When we are running large scale system tests, we generally don't need to be making external tests in order to vett most of our system. Our concerns are the volume of data flowing through, it's correctness, scalability, etc. We want to understand things like sizing, etc. We don't want to generate a pointless large bandwidth bill, and aiming at a real site can be inconvenient for them/us, and of questionable legality.

Proposal

We create a mode where the system talks to "itself" to start scaling. What I mean by that, is, instead of sending the request out to the web, it stays local, or gets spoofed data. So that way, we could run massive tests without a massive bandwidth bill. Pages could be "served" by reading local files from the proxy.
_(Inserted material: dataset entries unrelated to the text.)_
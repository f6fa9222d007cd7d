-- ===== src/Emulator/Invariant/Parts.antt =====
-- The invariant, and that memory accesses, the stack, the flags and the addressing modes keep it.
use mega65_core.Prelude.{
  ℕ, ◌-◌, ◌^◌, ◌<◌, ◌≡◌, Bool, true, false, arith, store, byte, Bool-cases, ltb, inl, inr, if_both,
  ◌==◌, ◌&&◌, ◌||◌,
}
use mega65_core.Prelude.Bits.{bit_and-lt, bit_or-lt}
use mega65_core.Emulator.State.{Regs, Bus, Trace, Machine, sp, set_error, Fate, reach}
use mega65_core.Emulator.Memory.{
  DmaController, Cell, cell_of, read_cell, read_memory28, read_memory, memory_blame, write_cell,
  io_action, set_io, write_mem28, write_mem16, addr_to_28bit,
}
use mega65_core.Emulator.Alu.{update_nz, update_bit_flags, update_cmp_flags, adc_regs, adc, sbc}
use mega65_core.Emulator.Stack.{
  move_up, move_down, note_pop, read_top, blame_top, stack_pop_ext, stack_pop, write_top,
  stack_push,
}

pub record RegsFit (r : Regs) : Type 0 where
  pub pc : r.pc < 2 ^ 32
  pub a : r.a < 256
  pub x : r.x < 256
  pub y : r.y < 256
  pub z : r.z < 256
  pub b : r.b < 256
  pub spl : r.spl < 256
  pub sph : r.sph < 256
  pub maplo : r.maplo < 65536
  pub maphi : r.maphi < 65536
  pub maplomb : r.maplomb < 256
  pub maphimb : r.maphimb < 256

pub record MemoryFits (s : Bus) : Type 0 where
  pub chipram : (i : ℕ) → s.chipram i < 256
  pub hypporam : (i : ℕ) → s.hypporam i < 256
  pub colourram : (i : ℕ) → s.colourram i < 256
  pub ffdram : (i : ℕ) → s.ffdram i < 256

-- `trace` is the log of the earlier instructions, which no instruction changes.
pub record IsValid (t : Trace) (m : Machine) : Type 0 where
  pub regs : RegsFit m.regs
  pub memory : MemoryFits m.bus
  pub bytes : (i : ℕ) → m.log.bytes i < 256
  pub base : m.log.regs.b < 256
  pub trace : m.trace ≡ t

-- What is asked of the DMA controller: it stores bytes.
abbrev pub StoresBytes : DmaController → Type 0
StoresBytes dma = (e : Bool) (addr : ℕ) (s : Bus) → MemoryFits s → MemoryFits (dma.run e addr s)

store-lt : (f : ℕ → ℕ) (p v i : ℕ) → ((j : ℕ) → f j < 256) → v < 256 → store f p v i < 256
store-lt f p v i h k = ground (arith, h i)

pub set_error-fits : (s : Bus) → MemoryFits s → MemoryFits (set_error s)
set_error-fits s h = record {
  chipram = h.chipram;
  hypporam = h.hypporam;
  colourram = h.colourram;
  ffdram = h.ffdram;
}

pub reach-fits : (f : Fate) (s : Bus) → MemoryFits s → MemoryFits (reach f s)
reach-fits f s h = record {
  chipram = h.chipram;
  hypporam = h.hypporam;
  colourram = h.colourram;
  ffdram = h.ffdram;
}

pub read_cell-lt : (s : Bus) (c : Cell) → MemoryFits s → read_cell s c < 256
unfolding read_cell
read_cell-lt s (Cell.hyppo i) h = h.hypporam i
read_cell-lt s (Cell.chip i) h = h.chipram i
read_cell-lt s (Cell.colour i) h = h.colourram i
read_cell-lt s (Cell.io i) h = h.ffdram i
read_cell-lt s Cell.unmapped h = omega arith

set_io-fits : (i v : ℕ) (s : Bus) → MemoryFits s → v < 256 → MemoryFits (set_io i v s)
set_io-fits i v s h k = record {
  chipram = h.chipram;
  hypporam = h.hypporam;
  colourram = h.colourram;
  ffdram = λ j. store-lt s.ffdram i v j h.ffdram k;
}

-- Address translation records an error at most.
pub translated-fits :
    (r : Regs) (s : Bus) (addr : ℕ) (w : Bool)
    → MemoryFits s
    → MemoryFits (addr_to_28bit r s addr w).1
unfolding addr_to_28bit
translated-fits r s addr w h = elim (Bool-cases (ltb 0xffff addr)) [
  | inl big ↦ rw big (reach-fits Fate.lists (set_error s) (set_error-fits s h))
  | inr fits ↦ rw fits h
]

pub with_bus :
    {t : Trace} (m : Machine) (s : Bus)
    → IsValid t m
    → MemoryFits s
    → IsValid t (record m { bus = s })
with_bus m s v h = record {
  regs = v.regs;
  memory = h;
  bytes = v.bytes;
  base = v.base;
  trace = v.trace;
}

pub with_regs :
    {t : Trace} (m : Machine) (r : Regs)
    → IsValid t m
    → RegsFit r
    → IsValid t (record m { regs = r })
with_regs m r v h = record {
  regs = h;
  memory = v.memory;
  bytes = v.bytes;
  base = v.base;
  trace = v.trace;
}

module _ {t : Trace} where
  pub read_memory-IsValid : (a : ℕ) (m : Machine) → IsValid t m → IsValid t (read_memory a m).1
  unfolding read_memory
  read_memory-IsValid a m v = with_bus m _ v (translated-fits m.regs m.bus a false v.memory)

  pub memory_blame-IsValid : (a : ℕ) (m : Machine) → IsValid t m → IsValid t (memory_blame a m).1
  unfolding memory_blame
  memory_blame-IsValid a m v = with_bus m _ v (translated-fits m.regs m.bus a false v.memory)

  pub read_memory-lt : (a : ℕ) (m : Machine) → IsValid t m → (read_memory a m).0 < 256
  unfolding read_memory read_memory28
  read_memory-lt a m v = read_cell-lt _ _ (translated-fits m.regs m.bus a false v.memory)

  pub update_nz-IsValid : (w : ℕ) (m : Machine) → IsValid t m → IsValid t (update_nz w m).1
  unfolding update_nz
  update_nz-IsValid w m v = with_regs m _ v (ground (arith, v.regs))

  pub update_bit_flags-IsValid :
      (w : ℕ) (m : Machine) → IsValid t m → IsValid t (update_bit_flags w m).1
  unfolding update_bit_flags
  update_bit_flags-IsValid w m v = with_regs m _ v (ground (arith, v.regs))

  pub update_cmp_flags-IsValid :
      (w : ℕ) (m : Machine) → IsValid t m → IsValid t (update_cmp_flags w m).1
  unfolding update_cmp_flags
  update_cmp_flags-IsValid w m v = with_regs m _ v (ground (arith, v.regs))

  pub adc-IsValid : (w : ℕ) (m : Machine) → IsValid t m → IsValid t (adc w m).1
  unfolding adc adc_regs
  adc-IsValid w m v =
      if_both (λ (k : Unit {0} × Machine). IsValid t k.1) m.regs.flag_d
        (with_bus m _ v (set_error-fits m.bus v.memory)) (with_regs m _ v (ground (arith, v.regs)))

  pub sbc-IsValid : (w : ℕ) (m : Machine) → IsValid t m → IsValid t (sbc w m).1
  unfolding sbc
  sbc-IsValid w m v = adc-IsValid (0xff - w) m v

  pub move_up-IsValid : (n : ℕ) (m : Machine) → IsValid t m → IsValid t (move_up n m).1
  unfolding move_up sp
  move_up-IsValid n m v = elim (Bool-cases m.regs.flag_e) [
    | inl page ↦ rw page (record {
      regs = ground (arith, v.regs);
      memory = v.memory;
      bytes = v.bytes;
      base = v.base;
      trace = v.trace;
    })
    | inr wide ↦ rw wide (record {
      regs = ground (arith, v.regs);
      memory = v.memory;
      bytes = v.bytes;
      base = v.base;
      trace = v.trace;
    })
  ]

  pub move_down-IsValid : (m : Machine) → IsValid t m → IsValid t (move_down m).1
  unfolding move_down sp
  move_down-IsValid m v = elim (Bool-cases m.regs.flag_e) [
    | inl page ↦ rw page (record {
      regs = ground (arith, v.regs);
      memory = v.memory;
      bytes = v.bytes;
      base = v.base;
      trace = v.trace;
    })
    | inr wide ↦ rw wide (record {
      regs = ground (arith, v.regs);
      memory = v.memory;
      bytes = v.bytes;
      base = v.base;
      trace = v.trace;
    })
  ]

  note_pop-IsValid : (w : ℕ) (m : Machine) → IsValid t m → IsValid t (note_pop w m).1
  unfolding note_pop
  note_pop-IsValid w m v = record {
    regs = v.regs;
    memory = v.memory;
    bytes = v.bytes;
    base = v.base;
    trace = v.trace;
  }

  read_top-IsValid : (m : Machine) → IsValid t m → IsValid t (read_top m).1
  unfolding read_top
  read_top-IsValid m v = read_memory-IsValid (sp m.regs) m v

  read_top-lt : (m : Machine) → IsValid t m → (read_top m).0 < 256
  unfolding read_top
  read_top-lt m v = read_memory-lt (sp m.regs) m v

  blame_top-IsValid : (m : Machine) → IsValid t m → IsValid t (blame_top m).1
  unfolding blame_top
  blame_top-IsValid m v = memory_blame-IsValid (sp m.regs) m v

  popped-IsValid :
      (n : ℕ) (m : Machine)
      → IsValid t m
      → IsValid t (note_pop (blame_top (move_up n m).1).0 (blame_top (move_up n m).1).1).1
  popped-IsValid n m v = note_pop-IsValid _ _ (blame_top-IsValid _ (move_up-IsValid n m v))

  pub stack_pop-IsValid : (m : Machine) → IsValid t m → IsValid t (stack_pop m).1
  unfolding stack_pop stack_pop_ext
  stack_pop-IsValid m v = read_top-IsValid _ (popped-IsValid 1 m v)

  pub stack_pop-lt : (m : Machine) → IsValid t m → (stack_pop m).0 < 256
  unfolding stack_pop stack_pop_ext
  stack_pop-lt m v = read_top-lt _ (popped-IsValid 1 m v)

module _ ⦃dma : DmaController⦄ (stores : StoresBytes dma) where
  io_action-fits : (i v : ℕ) (s : Bus) → MemoryFits s → v < 256 → MemoryFits (io_action i v s)
  unfolding io_action
  io_action-fits i v s h k =
      if_both MemoryFits (i == 0x3700) (stores false _ _ (set_io-fits 0x3705 v s h k)) (
        if_both MemoryFits (i == 0x3702)
          (set_io-fits 0x3704 _ s h
            (bit_or-lt 8 _ _ (bit_and-lt 8 (s.ffdram 0x3704) 0xf1 (omega arith)) (omega arith)))
          (if_both MemoryFits (i == 0x3705) (stores true _ _ (set_io-fits 0x3700 v s h k)) h))

  pub write_cell-fits :
      (c : Cell) (v : ℕ) (s : Bus) → MemoryFits s → v < 256 → MemoryFits (write_cell c v s)
  unfolding write_cell
  write_cell-fits (Cell.hyppo i) v s h k = record {
    chipram = h.chipram;
    hypporam = λ j. store-lt s.hypporam i v j h.hypporam k;
    colourram = h.colourram;
    ffdram = h.ffdram;
  }
  write_cell-fits (Cell.chip i) v s h k =
      if_both MemoryFits (i == 0 && (v == 0x41 || v == 0x40)) h (record {
        chipram = λ j. store-lt s.chipram i v j h.chipram k;
        hypporam = h.hypporam;
        colourram = h.colourram;
        ffdram = h.ffdram;
      })
  write_cell-fits (Cell.colour i) v s h k = record {
    chipram = h.chipram;
    hypporam = h.hypporam;
    colourram = λ j. store-lt s.colourram i v j h.colourram k;
    ffdram = h.ffdram;
  }
  write_cell-fits (Cell.io i) v s h k = io_action-fits i v _ (set_io-fits i v s h k) k
  write_cell-fits Cell.unmapped v s h k = reach-fits Fate.lists (set_error s) (set_error-fits s h)

  module _ {t : Trace} where
    pub write_mem28-IsValid :
        (a w : ℕ) (m : Machine) → w < 256 → IsValid t m → IsValid t (write_mem28 a w m).1
    unfolding write_mem28
    write_mem28-IsValid a w m k v = with_bus m _ v (write_cell-fits (cell_of a) w m.bus v.memory k)

    pub write_mem16-IsValid :
        (a w : ℕ) (m : Machine) → w < 256 → IsValid t m → IsValid t (write_mem16 a w m).1
    unfolding write_mem16
    write_mem16-IsValid a w m k v =
        write_mem28-IsValid _ w _ k (with_bus m _ v (translated-fits m.regs m.bus a true v.memory))

    write_top-IsValid : (w : ℕ) (m : Machine) → w < 256 → IsValid t m → IsValid t (write_top w m).1
    unfolding write_top
    write_top-IsValid w m k v = write_mem16-IsValid (sp m.regs) w m k v

    pub stack_push-IsValid : (w : ℕ) (m : Machine) → IsValid t m → IsValid t (stack_push w m).1
    unfolding stack_push
    stack_push-IsValid w m v = move_down-IsValid _ (write_top-IsValid (byte w) m (omega arith) v)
Customer's might want to even do this themselves (for demos, learning, testing)

Maybe have the proxy do the "read" and stub them in from there.
Maybe it could just do it for some made up url automatically

  • maybe we can make proxy return stubbed response on all outgoing requests, is that what you mean?
  • yeah
  • Then it can never "go down" and we don't have to scale "it"

There are two ways I think we could approach this.

  1. Answer a specific magic URL or URL regexp with local stub data
  2. Answer every external request in a certain mode with stub data

I think #1 is the best/easiest start for now, but #2 is pretty interesting. #1 requires the user's test script be written to talk to the stub, which is a fine scenario for these things. We could use this magic URL to fake a 10 million user test, potentially, and know that the rest of the system is up to snuff.

In theroy, it is possible the stub could even generate the metrics without "having" or "returning" the page at all--at the end of the day, the rest of the system only knows about the proxy's info via the metrics. However, I think we want vu's to make "requests" to the stub URL(s) to generate their traffic, so the pattern/data seems realistic.

If we get to #2 at some point, we'd let customers do a "capture" and run against their own fake site and match the requests. Blazemeter does something like this.

Alternatives

We could run a local server, but that has CPU / memory cost, and we don't want something that can "go down" in this case.